The central portal has a barrel vault entrance, and a lunette with a bas-relief of the Praying Madonna with Angels. Under her is a frieze with small angels, and the signature by one Marchionne. In the vault are depictions of the Months of the school of Benedetto Antelami. The two side portals, of smaller proportions, have also decorated lunettes: they depict "Christ Baptized by John" on the right and, at the left, a vegetable motif.

The 13th century apse has also two rows of loggia which recall the façade's structure, repeating the use of different style capitals. The sides have mullioned windows.
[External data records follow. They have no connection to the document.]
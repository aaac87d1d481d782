-- ===== src/Calendar/Event/Keywords.antt =====
-- calendar/constants.go: the special keywords, each with the values that it sets. MustAddValue
-- panics where AddValue returns an error; here the error ends the action.
use resticprofile.Base.{List, [], ◌∷◌, Text, codes, Act, ◌>>◌}
use resticprofile.Calendar.Value.{Value, ValueError, add_value}
use resticprofile.Calendar.Event.{Event}

-- An action on one field of the event.
abbrev pub on_week_days : Act ValueError Value → Act ValueError Event
on_week_days m e = let (v, err) = m e.week_days in (record e { week_days = v }, err)

abbrev pub on_years : Act ValueError Value → Act ValueError Event
on_years m e = let (v, err) = m e.years in (record e { years = v }, err)

abbrev pub on_months : Act ValueError Value → Act ValueError Event
on_months m e = let (v, err) = m e.months in (record e { months = v }, err)

abbrev pub on_days : Act ValueError Value → Act ValueError Event
on_days m e = let (v, err) = m e.days in (record e { days = v }, err)

abbrev pub on_hours : Act ValueError Value → Act ValueError Event
on_hours m e = let (v, err) = m e.hours in (record e { hours = v }, err)

abbrev pub on_minutes : Act ValueError Value → Act ValueError Event
on_minutes m e = let (v, err) = m e.minutes in (record e { minutes = v }, err)

abbrev pub on_seconds : Act ValueError Value → Act ValueError Event
on_seconds m e = let (v, err) = m e.seconds in (record e { seconds = v }, err)

-- event.Hour.MustAddValue(0), event.Minute.MustAddValue(0), event.Second.MustAddValue(0)
unfoldable pub at_midnight : Act ValueError Event
at_midnight = on_hours (add_value 0) >> on_minutes (add_value 0) >> on_seconds (add_value 0)

unfoldable pub minutely : Act ValueError Event
minutely = on_seconds (add_value 0)

unfoldable pub hourly : Act ValueError Event
hourly = on_minutes (add_value 0) >> on_seconds (add_value 0)

unfoldable pub weekly : Act ValueError Event
unfolding at_midnight
weekly = on_week_days (add_value 1) >> at_midnight

unfoldable pub monthly : Act ValueError Event
unfolding at_midnight
monthly = on_days (add_value 1) >> at_midnight

unfoldable pub quarterly : Act ValueError Event
unfolding at_midnight
quarterly =
    on_months (add_value 1)
    >> on_months (add_value 4)
    >> on_months (add_value 7)
    >> on_months (add_value 10)
    >> on_days (add_value 1)
    >> at_midnight

unfoldable pub semiannually : Act ValueError Event
unfolding at_midnight
semiannually =
    on_months (add_value 1) >> on_months (add_value 7) >> on_days (add_value 1) >> at_midnight

unfoldable pub yearly : Act ValueError Event
unfolding at_midnight
yearly = on_months (add_value 1) >> on_days (add_value 1) >> at_midnight

-- The keys of the map are different texts, so the order of its traversal does not matter.
unfoldable pub special_keywords : List (Text × Act ValueError Event)
unfolding minutely hourly weekly monthly quarterly semiannually yearly
special_keywords =
    (codes "minutely", minutely)
    ∷ (codes "hourly", hourly)
    ∷ (codes "daily", at_midnight)
    ∷ (codes "weekly", weekly)
    ∷ (codes "monthly", monthly)
    ∷ (codes "quarterly", quarterly)
    ∷ (codes "semiannually", semiannually)
    ∷ (codes "yearly", yearly)
    ∷ (codes "annually", yearly)
    ∷ []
The tall interior has a nave and two aisles, divided by longitudinal ogival arches whose columns have Corinthian capitals. The counter-façade has nine windows on three rows. At the high altar is the Tarlati polyptych, representing the Madonna and Saints, by Pietro Lorenzetti (1320), while traces of frescoes with St. Dominic and St. Francis (attributed to Andrea di Nerlo, mid-14th century) can be seen inside the church. The crypt houses a reliquary bust of St. Donatus, executed in 1346.

The bell tower has a sturdy appearance with five rows of mullioned windows. Internally, the base houses the baptistery. The baptismal font dates to the 14th century, and has panels with Stories of St. John the Baptist by Giovanni d'Agostino (1332–1333).